China is the largest overseas market for US soybeans, Beyer said. "If you think of a soybean field and they're all growing in a row, one out of three rows goes to China.
"It's a market that we've been working on over 20 years to develop," she said, adding that sustainable trade with China helps farmers thrive and run a lucrative business.
Beyer noted that the trade partnership is crucial to Minnesota as soybeans are the biggest agricultural export in the state with about 28,000 locals engaged in growing the crop.
"We have thousands of small communities throughout the state that are dependent on agriculture," she said, adding that farming is the primary occupation for many small towns.
However, US soybean farmers have felt the collateral damage of the administration's tariffs against China.
Since 2018, the US administration has placed several rounds of additional tariffs on Chinese imports. In retaliation to the moves, China levied tariffs on a list of items imported from the United States, including soybeans.
As the world's largest consumer of soybeans, China was the destination for about 60 percent of US soybean exports before the trade dispute.
The ratio dropped to 17.9 percent in 2018 as a consequence of the US trade protectionism policies.
"Most people broke even. That was a good case scenario by breaking even," Beyer told Xinhua, detailing US soybean growers' profit margin in the past year.
"Our paycheck is dependent on the market. Every day we're checking the market to see what the prices are doing," said Beyer, whose family farm has about 607 hectares of soybeans.
After going through a tough year, what's next? It's simply a question that has been lingering in almost every farmer's mind these days.
"It's so unpredictable.
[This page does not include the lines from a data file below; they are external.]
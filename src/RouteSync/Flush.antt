-- ===== src/RouteSync/Flush.antt =====
-- One peer's update: what is in flight, what is pending, and what an exception leaves behind.
pub mod Outcomes
use intranet_penetration_clo.Common.{
  ℕ, ◌≡◌, refl, Bool, true, false, ◌||◌, some, if◌then◌else◌, arith, Bool-cases, inl, inr, ap, ◌⊎◌,
}
use intranet_penetration_clo.Common.Result.{Result, ok, err}
use intranet_penetration_clo.Common.Action.{Action-cases}
use intranet_penetration_clo.Common.Dict.{lookup, lookup-insert}
use intranet_penetration_clo.Common.Key.{pair_key, text_key, nat_key}
use intranet_penetration_clo.Packet.PacketType
use intranet_penetration_clo.RouteSync.{
  send_control, RpcHost, SyncKey, SyncStates, RouteSyncState, state_or_new, after_send, after_build,
  flush_route_update, send_route_update,
}
use intranet_penetration_clo.RouteSync.Flush.Outcomes.{
  Sent, Failed, Flushed, flush_route_update-Flushed,
}

module _ (host : RpcHost) where
  open host use {World, Fault, key, core_build_route_update}

  flush_busy :
      (st : RouteSyncState) (now : ℕ) (w : World)
      → st.in_flight ≡ true
      → flush_route_update host st now w ≡ (ok tt, st, w)
  unfolding flush_route_update
  flush_busy st now w busy = rw busy

  -- A state that asks for an update is afterwards in flight, its update sent, or the update has
  -- failed.
  pub flush-asks :
      (st : RouteSyncState) (now : ℕ) (w : World)
      → st.in_flight ≡ false
      → st.dirty ≡ true
      → let after = flush_route_update host st now w in
        ((after.0 ≡ ok tt)
          × (after.1
              ≡ record st { in_flight = true; dirty = false; force_full = false; sent_at = now })
          × Sent host st now w after.2)
        ⊎ ((e : Fault) × (after.0 ≡ err e)
            × (after.1.in_flight ≡ false)
            × Failed host st now w e after.1 after.2)
  flush-asks st now w idle asks =
      reads (flush_route_update host st now w) (flush_route_update-Flushed host st now w)
    where
      reads :
          (r : Result Fault (Unit {0}) × RouteSyncState × World)
          → Flushed host st now w r.0 r.1 r.2
          → ((r.0 ≡ ok tt)
              × (r.1 ≡ record st {
                in_flight = true;
                dirty = false;
                force_full = false;
                sent_at = now;
              })
              × Sent host st now w r.2)
            ⊎ ((e : Fault) × (r.0 ≡ err e)
                × (r.1.in_flight ≡ false)
                × Failed host st now w e r.1 r.2)
      reads (ok u, st', w') (inl (same, _, why)) = absurd (ground arith)
      reads (ok u, st', w') (inr (_, e, sent)) = inl (refl, e, sent)
      reads (err e, st', w') (_, inl (built, same)) =
          inr (e, refl, ground (arith, same, idle), inl (built, same))
      reads (err e, st', w') (_, inr (packet, built, made, failed, same)) =
          inr (e, refl, ground (arith, same, idle), inr (packet, built, made, failed, same))

  -- Where the update of an idle, dirty peer fails, it failed either in building, and then both flags
  -- are cleared, so that nothing remembers that an update is due; or in sending, and then the peer
  -- is dirty and keeps its wish for a full update.
  pub flush_route_update-Failed :
      (st st' : RouteSyncState) (now : ℕ) (w w' : World) (e : Fault)
      → st.in_flight ≡ false
      → st.dirty ≡ true
      → flush_route_update host st now w ≡ (err e, st', w')
      → Failed host st now w e st' w'
  unfolding flush_route_update after_build after_send
  flush_route_update-Failed st st' now w w' e idle asks failed =
      elim (Action-cases (core_build_route_update st.peer st.force_full now w)) [
        | inr (e', built, no_packet) ↦ inl (ground arith, ground arith)
        | inl (packet, built, made) ↦
            elim (Action-cases (send_control host st.peer PacketType.rpc_req packet built)) [
              | inl (u, sent, done) ↦ absurd (ground arith)
              | inr (e', sent, not_sent) ↦ inr (packet, built, made, ground arith, ground arith)
            ]
      ]

  -- Asking for a peer's update: if one is in flight, nothing is sent and the peer is marked dirty;
  -- if none is, one is built, encrypted and sent, or the call throws and none is in flight.
  abbrev pub Asked :
      ℕ
      → Bool
      → ℕ
      → World
      → RouteSyncState
      → RouteSyncState
      → Result Fault (Unit {0})
      → World
      → Type 0
  Asked peer force_full now w before st' r w' =
      ((before.in_flight ≡ true)
        × (r ≡ ok tt)
        × (w' ≡ w)
        × (st' ≡ record before {
          peer = peer;
          dirty = true;
          force_full = before.force_full || force_full;
        }))
      ⊎ ((before.in_flight ≡ false)
          × (r ≡ ok tt)
          × (st' ≡ record before {
            peer = peer;
            in_flight = true;
            dirty = false;
            force_full = false;
            sent_at = now;
          })
          × Sent host
              (record before {
                peer = peer;
                dirty = true;
                force_full = before.force_full || force_full;
              })
              now w w')
      ⊎ ((before.in_flight ≡ false)
          × (st'.in_flight ≡ false)
          × (e : Fault) × (r ≡ err e)
          × Failed host
              (record before {
                peer = peer;
                dirty = true;
                force_full = before.force_full || force_full;
              })
              now w e st' w')

  flush-Asked :
      (peer : ℕ) (force_full : Bool) (now : ℕ) (w : World) (st : RouteSyncState)
      → let asked = record st {
        peer = peer;
        dirty = true;
        force_full = st.force_full || force_full;
      } in
        let flushed = flush_route_update host asked now w in
        Asked peer force_full now w st flushed.1 flushed.0 flushed.2
  flush-Asked peer force_full now w st = elim (Bool-cases st.in_flight) [
    | inl busy ↦ inl (
      busy,
      ap (λ r. r.0) (flush_busy asked now w busy),
      ap (λ r. r.2) (flush_busy asked now w busy),
      ap (λ r. r.1) (flush_busy asked now w busy),
    )
    | inr idle ↦ elim (flush-asks asked now w idle refl) [
      | inl (done, at_state, sent) ↦ inr (inl (idle, done, at_state, sent))
      | inr (e, failed, down, how) ↦ inr (inr (idle, down, e, failed, how))
    ]
  ]
    where
      asked : RouteSyncState
      asked = record st { peer = peer; dirty = true; force_full = st.force_full || force_full }

  -- Asking for a peer's update changes the state of that peer's key alone. If an update is in
  -- flight, nothing is sent and the peer is marked dirty, for the time when the answer comes. If
  -- none is, then either an update has been built, encrypted for the peer and sent to it, and it is
  -- in flight as of this time with nothing left pending; or the call has thrown and none is in
  -- flight: building failed, and both flags are cleared, or packing, encrypting or sending failed,
  -- and the peer is dirty and keeps its wish for a full update.
  pub send_route_update-Asked :
      (peer : ℕ) (force_full : Bool) (now : ℕ) (states : SyncStates) (w : World)
      → let before = state_or_new peer (lookup (key w peer) states) in
        let after = send_route_update host peer force_full now states w in
        (st' : RouteSyncState) × Asked peer force_full now w before st' after.0 after.2
        × ((j : SyncKey)
            → lookup j after.1
              ≡ (if pair_key.same (key w peer) j then some st' else lookup j states))
  unfolding send_route_update
  send_route_update-Asked peer force_full now states w =
      let before = state_or_new peer (lookup (key w peer) states) in
      let asked = record before {
        peer = peer;
        dirty = true;
        force_full = before.force_full || force_full;
      } in
      let flushed = flush_route_update host asked now w in
      (
        flushed.1,
        flush-Asked peer force_full now w before,
        λ j. lookup-insert (key w peer) j flushed.1 states,
      )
The uncertainty is the hardest part for farmers," she said.
Beyer said that resolving the trade dispute with China tops her biggest wishes this year, as US farmers want to "have a satisfied customer", which "happened to be China for many years".
Beyer's views have been widely shared by many other US bean growers.
"China has been an important market to the United States, and we want to continue to be a reliable supplier," said Kevin Paap, president of the Minnesota Farm Bureau.
Paap, the fourth-generation owner of his family farm that primarily produces soybeans and corn, said the US and China should negotiate to figure things out.
"If we can work together to come up (with) some agreements that benefit both sides, it's important to agriculture," he said, adding that US farmers want trade rather than aid.
The American Soybean Association, which represents more than 300,000 soybean farmers, issued a statement in early May, opposing using unilateral tariffs to address US trade deficits with China and other countries.
Instead, the organization suggested the negotiation of trade agreements and other measures that can increase US agricultural exports, including soybeans.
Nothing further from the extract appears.